Effects of thiamin antagonists on drug hydroxylation and properties of cytochrome P-450 in the rat

The administration of small amounts of thiamin (0.3 μg day or more, i.p., for 21 days) depressed musomal cytochrome P-450 content and the V max of aniline hydroxylase when compared to values obtained from rats fed a thiamin-deficient diet (approximately 0.1 μg of thiamine/day in basal diet). The concurrent administration of neopyrithiamin (50 μg day , i.p.) eliminated the depressant effect of 10.0 μig of thiamin/ day, but was without significant effect in rats receiving more than 100 μg of thiamin/ day. In contrast, 100 μg of oxythiamin/day had no thiamin-opposing effect on cytochrome P-450 content and only partially counteracted the effects of 1 μg of thiamin/day on aniline hydroxylase activity. These treatments were without significant effect on the K m for this reaction.
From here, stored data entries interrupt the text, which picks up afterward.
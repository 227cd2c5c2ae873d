-- ===== src/Witnesses.antt =====
-- Concrete runs and ledgers, and the theorems applied to them.
mod Encoder
mod Runs
mod RunTheorems
mod Ledgers
mod LedgerTheorems
mod Bindings
mod Takeovers
mod Effects
mod EffectRuns
mod EffectTheorems
mod EffectConflict
mod Closure
mod Uncertain
mod Routing
mod Graphs
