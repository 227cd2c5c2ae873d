-- ===== src/Witnesses/Encoder.antt =====
-- A concrete encoder and digest, which stand in for canonical JSON and SHA-256 in examples.
use xgc2_orchestration_core.Base.{String, ok}
use xgc2_orchestration_core.Contracts.Json.{Canonical}

abbrev pub hex : String
hex = "0123456789abcdef0123456789abcdef0123456789abcdef0123456789abcdef"

abbrev pub digest : String
digest = "sha256:0123456789abcdef0123456789abcdef0123456789abcdef0123456789abcdef"

abbrev pub encoder : Canonical
encoder = record { marshal = λ value. ok "[]"; sha256_hex = λ text. hex }
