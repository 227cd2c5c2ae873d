-- ===== src/Witnesses/Bindings.antt =====
-- Bindings that are prepared, taken over, active and released, and the theorems at them.
use Prim.Native.String.{◌++◌}
use xgc2_orchestration_core.Base.{
  ℕ, String, true, none, some, [], ◌∷◌, ◌≡◌, ◌≢◌, ◌≤◌, ◌⊎◌, refl, ok, arith, no_time, Time,
}
use xgc2_orchestration_core.Contracts.Identity.{
  valid_identifier, valid_digest, valid_type_ref, is_trimmed,
}
use xgc2_orchestration_core.Contracts.Json.{digest_value, Json, Fields, field, num}
use xgc2_orchestration_core.Contracts.Statuses.{
  FailureClass, failure_class_valid, DurableIntentKind,
}
use xgc2_orchestration_core.Contracts.Records.{StructuredFailure, DomainEvent}
use xgc2_orchestration_core.Contracts.Runtimes.{
  EffectOwnership, effect_ownership_eq, effect_ownership_valid, RuntimeBindingState,
  binding_state_eq, binding_state_valid, binding_state_terminal, RuntimeObservedState,
  observed_state_eq, observed_state_valid, RuntimeHealth, runtime_health_eq, runtime_health_valid,
  RuntimeCleanupPolicy, cleanup_policy_eq, cleanup_policy_valid, RuntimeBinding,
}
use xgc2_orchestration_core.Execution.Identity.{
  validate_identity, validate_identities, validate_canonical_text, private_token_digest, stable_id,
  stable_event_id, stable_intent_id,
}
use xgc2_orchestration_core.Execution.Event.{event_payload_schema_digest}
use xgc2_orchestration_core.Runtime.Validation.{
  BindingFence, owned, validate_runtime_failure, validate_observation_failure,
  validate_binding_failure, validate_ownership, validate_kinds, validate_counters, validate_lease,
  validate_binding_state, validate_observation, validate_external, stable_binding_id,
  validate_binding_refs, validate_binding, validate_fence, new_binding_event, new_binding_intent,
  failure_json, observation_digest,
}
use xgc2_orchestration_core.Runtime.Operations.{
  ObserveCommand, TakeoverCommand, ReleaseCommand, BindingDecision, clear_lease, observed, lose,
  observed_binding, taken_over, released, check_observe, observe, check_takeover, takeover,
  check_finish_release, finish_release,
}
use xgc2_orchestration_core.Execution.Invocation.Fence.{token_matches}
use xgc2_orchestration_core.Runtime.Steps.{BindingStep}
use xgc2_orchestration_core.Runtime.Fencing.{
  HolderCommand, act, BindingReach, stale_holder, ended_binding, owned_release, fence_of,
}
use xgc2_orchestration_core.Runtime.Validity.{BindingStep-valid}
use xgc2_orchestration_core.Runtime.Observations.{active_observation}
use xgc2_orchestration_core.Witnesses.Encoder.{encoder, digest, hex}

abbrev stopped_binding : RuntimeBinding
stopped_binding = record {
  binding_id = "rtb-" ++ hex;
  namespace_id = "ns-1";
  run_id = "run-1";
  invocation_id = "invocation-1";
  node_id = "node-1";
  runtime_key = "server";
  kind = "process/v1";
  spec_digest = digest;
  provider_ref = "provider-1";
  provider_digest = digest;
  ownership = EffectOwnership.owned;
  cleanup_policy = RuntimeCleanupPolicy.on_run_close;
  state = RuntimeBindingState.stopping;
  observed_state = RuntimeObservedState.stopped;
  health = RuntimeHealth.unknown;
  external_identity = "process-7";
  generation = 1;
  fencing_token = 5;
  lease_owner = "worker-1";
  lease_token_hash = digest;
  lease_expires_at = 900;
  observation_digest = digest;
  observation_at = some 300;
  primary_failure = none;
  created_at = 100;
  activated_at = some 200;
  release_started_at = some 250;
  finished_at = none;
  updated_at = 300;
  revision = 4;
}

abbrev pub active_binding : RuntimeBinding
active_binding = record stopped_binding {
  state = RuntimeBindingState.active;
  observed_state = RuntimeObservedState.running;
  release_started_at = none;
}

abbrev pub released_binding : RuntimeBinding
released_binding = record stopped_binding {
  state = RuntimeBindingState.released;
  lease_owner = "";
  lease_token_hash = "";
  lease_expires_at = no_time;
  updated_at = 400;
  revision = 5;
  finished_at = some 400;
}

abbrev pub fence : BindingFence
fence = record {
  binding_id = "rtb-" ++ hex;
  expected_revision = 4;
  generation = 1;
  fencing_token = 5;
  lease_owner = "worker-1";
  lease_token = "secret";
  at = 400;
}

abbrev completion : ReleaseCommand
completion = record { fence = fence; command_id = "command-5" }

abbrev crash : StructuredFailure
crash = record {
  class = FailureClass.permanent;
  code = "gone";
  message = "host is gone";
  evidence_ref = "";
}

abbrev loss : ObserveCommand
loss = record {
  fence = fence;
  external_identity = "process-7";
  observed_state = RuntimeObservedState.lost;
  health = RuntimeHealth.lost;
  observation_digest = digest;
  failure = some crash;
  command_id = "command-6";
}

abbrev pub handover : TakeoverCommand
handover = record {
  binding_id = "rtb-" ++ hex;
  expected_revision = 4;
  generation = 2;
  fencing_token = 6;
  lease_owner = "worker-2";
  lease_token = "other";
  lease_expires_at = 2000;
  command_id = "command-7";
  at = 1000;
}

abbrev pub taken_binding : RuntimeBinding
taken_binding = record active_binding {
  generation = 2;
  fencing_token = 6;
  lease_owner = "worker-2";
  lease_expires_at = 2000;
  observed_state = RuntimeObservedState.unknown;
  health = RuntimeHealth.unknown;
  observation_digest = "";
  observation_at = none;
  state = RuntimeBindingState.preparing;
  updated_at = 1000;
  revision = 5;
}

abbrev lost_binding : RuntimeBinding
lost_binding = record active_binding {
  state = RuntimeBindingState.lost;
  observed_state = RuntimeObservedState.lost;
  health = RuntimeHealth.lost;
  observation_at = some 400;
  primary_failure = some crash;
  updated_at = 400;
  revision = 5;
  finished_at = some 400;
  lease_owner = "";
  lease_token_hash = "";
  lease_expires_at = no_time;
}

abbrev pub announced : String → String → Time → Fields → DomainEvent
announced event_type command_id at payload = record {
  event_id = "evt-" ++ hex;
  aggregate_type = "runtime";
  aggregate_id = "rtb-" ++ hex;
  aggregate_revision = 5;
  event_type = event_type;
  command_id = command_id;
  causation_id = "";
  correlation_id = "";
  payload_schema_digest = event_payload_schema_digest;
  payload_digest = digest;
  payload = payload;
  occurred_at = at;
}

abbrev pub fenced_by : ℕ → ℕ → Fields → Fields
fenced_by generation token rest =
    field "generation" (num generation) (field "fencingToken" (num token) rest)

abbrev handover_fields : Fields
handover_fields =
    field "bindingId" (Json.text ("rtb-" ++ hex))
      (fenced_by 2 6 (field "externalIdentity" (Json.text "process-7") Fields.end))

abbrev pub taken : BindingDecision
taken = record {
  binding = taken_binding;
  events = announced "runtime.taken-over" "command-7" 1000 handover_fields ∷ [];
  intents =
      (record {
        kind = DurableIntentKind.reconcile;
        identity = "dti-" ++ hex;
        aggregate_id = "rtb-" ++ hex;
        payload_digest = digest;
        payload = handover_fields;
      })
      ∷ [];
}

abbrev completed : BindingDecision
completed = record {
  binding = released_binding;
  events =
      announced "runtime.released" "command-5" 400
        (fenced_by 1 5 (field "observationDigest" (Json.text digest) Fields.end))
      ∷ [];
  intents = [];
}

abbrev lost_decision : BindingDecision
lost_decision = record {
  binding = lost_binding;
  events =
      announced "runtime.observed.lost" "command-6" 400
        (fenced_by 1 5 (field "observationDigest" (Json.text digest) Fields.end))
      ∷ [];
  intents = [];
}

pub handover-ok : takeover encoder active_binding handover ≡ ok taken
unfolding valid_identifier valid_digest valid_type_ref is_trimmed digest_value failure_class_valid
    effect_ownership_eq effect_ownership_valid binding_state_eq binding_state_valid
    binding_state_terminal observed_state_eq observed_state_valid runtime_health_eq
    runtime_health_valid cleanup_policy_eq cleanup_policy_valid validate_identity
    validate_identities validate_canonical_text private_token_digest stable_id stable_event_id
    stable_intent_id validate_runtime_failure validate_observation_failure validate_binding_failure
    validate_ownership validate_kinds validate_counters validate_lease validate_binding_state
    validate_observation validate_external stable_binding_id validate_binding_refs validate_binding
    validate_fence new_binding_event new_binding_intent failure_json observation_digest clear_lease
    observed lose observed_binding taken_over released check_observe observe check_takeover takeover
    check_finish_release finish_release token_matches
handover-ok = refl

completion-ok : finish_release encoder stopped_binding completion ≡ ok completed
unfolding valid_identifier valid_digest valid_type_ref is_trimmed digest_value failure_class_valid
    effect_ownership_eq effect_ownership_valid binding_state_eq binding_state_valid
    binding_state_terminal observed_state_eq observed_state_valid runtime_health_eq
    runtime_health_valid cleanup_policy_eq cleanup_policy_valid validate_identity
    validate_identities validate_canonical_text private_token_digest stable_id stable_event_id
    stable_intent_id validate_runtime_failure validate_observation_failure validate_binding_failure
    validate_ownership validate_kinds validate_counters validate_lease validate_binding_state
    validate_observation validate_external stable_binding_id validate_binding_refs validate_binding
    validate_fence new_binding_event new_binding_intent failure_json observation_digest clear_lease
    observed lose observed_binding taken_over released check_observe observe check_takeover takeover
    check_finish_release finish_release token_matches
completion-ok = refl

loss-ok : observe encoder active_binding loss ≡ ok lost_decision
unfolding valid_identifier valid_digest valid_type_ref is_trimmed digest_value failure_class_valid
    effect_ownership_eq effect_ownership_valid binding_state_eq binding_state_valid
    binding_state_terminal observed_state_eq observed_state_valid runtime_health_eq
    runtime_health_valid cleanup_policy_eq cleanup_policy_valid validate_identity
    validate_identities validate_canonical_text private_token_digest stable_id stable_event_id
    stable_intent_id validate_runtime_failure validate_observation_failure validate_binding_failure
    validate_ownership validate_kinds validate_counters validate_lease validate_binding_state
    validate_observation validate_external stable_binding_id validate_binding_refs validate_binding
    validate_fence new_binding_event new_binding_intent failure_json observation_digest clear_lease
    observed lose observed_binding taken_over released check_observe observe check_takeover takeover
    check_finish_release finish_release token_matches
loss-ok = refl

encoder_digests : (s : String) → valid_digest ("sha256:" ++ encoder.sha256_hex s) ≡ true
unfolding valid_digest
encoder_digests s = refl

handover_step : BindingStep encoder active_binding taken_binding
handover_step = BindingStep.taking handover taken handover-ok refl

completion_step : BindingStep encoder stopped_binding released_binding
completion_step = BindingStep.finishing completion completed completion-ok refl

abbrev late_beat : HolderCommand
late_beat = HolderCommand.beat (record {
  fence = record fence { expected_revision = 5; at = 1100 };
  lease_expires_at = 3000;
  command_id = "command-8";
})

late_token : (fence_of late_beat).fencing_token ≤ active_binding.fencing_token
unfolding fence_of
late_token = omega arith

stale_holder_example : act encoder taken_binding late_beat ≢ ok completed
stale_holder_example =
    stale_holder encoder active_binding handover taken taken_binding late_beat completed handover-ok
      BindingReach.here late_token

released_ended : binding_state_terminal released_binding.state ≡ true
unfolding binding_state_terminal
released_ended = refl

ended_binding_example : ¬ BindingStep encoder released_binding taken_binding
ended_binding_example = ended_binding encoder released_binding taken_binding released_ended

stopped_owned : owned stopped_binding ≡ true
unfolding effect_ownership_eq
stopped_owned = refl

owned_release_example :
    (stopped_binding.state ≡ RuntimeBindingState.stopping)
    × (stopped_binding.observed_state ≡ RuntimeObservedState.stopped)
owned_release_example =
    owned_release encoder stopped_binding released_binding completion_step refl stopped_owned

BindingStep-valid_example : validate_binding encoder taken_binding ≡ ok tt
BindingStep-valid_example =
    BindingStep-valid encoder encoder_digests (omega arith) (omega arith) handover_step

active_observation_example :
    (observed_state_eq loss.observed_state RuntimeObservedState.running ≡ true)
    ⊎ (observed_state_eq loss.observed_state RuntimeObservedState.lost ≡ true)
active_observation_example =
    active_observation encoder active_binding loss lost_decision loss-ok refl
Using ethyl isocyanide as the ligand, there appears to be a qualitative change induced in the cytochrome P-450 from thiamin-deficient rats. The absorption peak height ratios indicate that cytochrome P 1-450 is increased in a manner analogous to that produced by the administration of 3-methylcholanthrene. This was supported by the fact that aniline binding, as evidenced by increased ΔA max, is enchanced in musomes from thiamin-deficient animals, whereas the hexobarbital spectral shift was unaltered.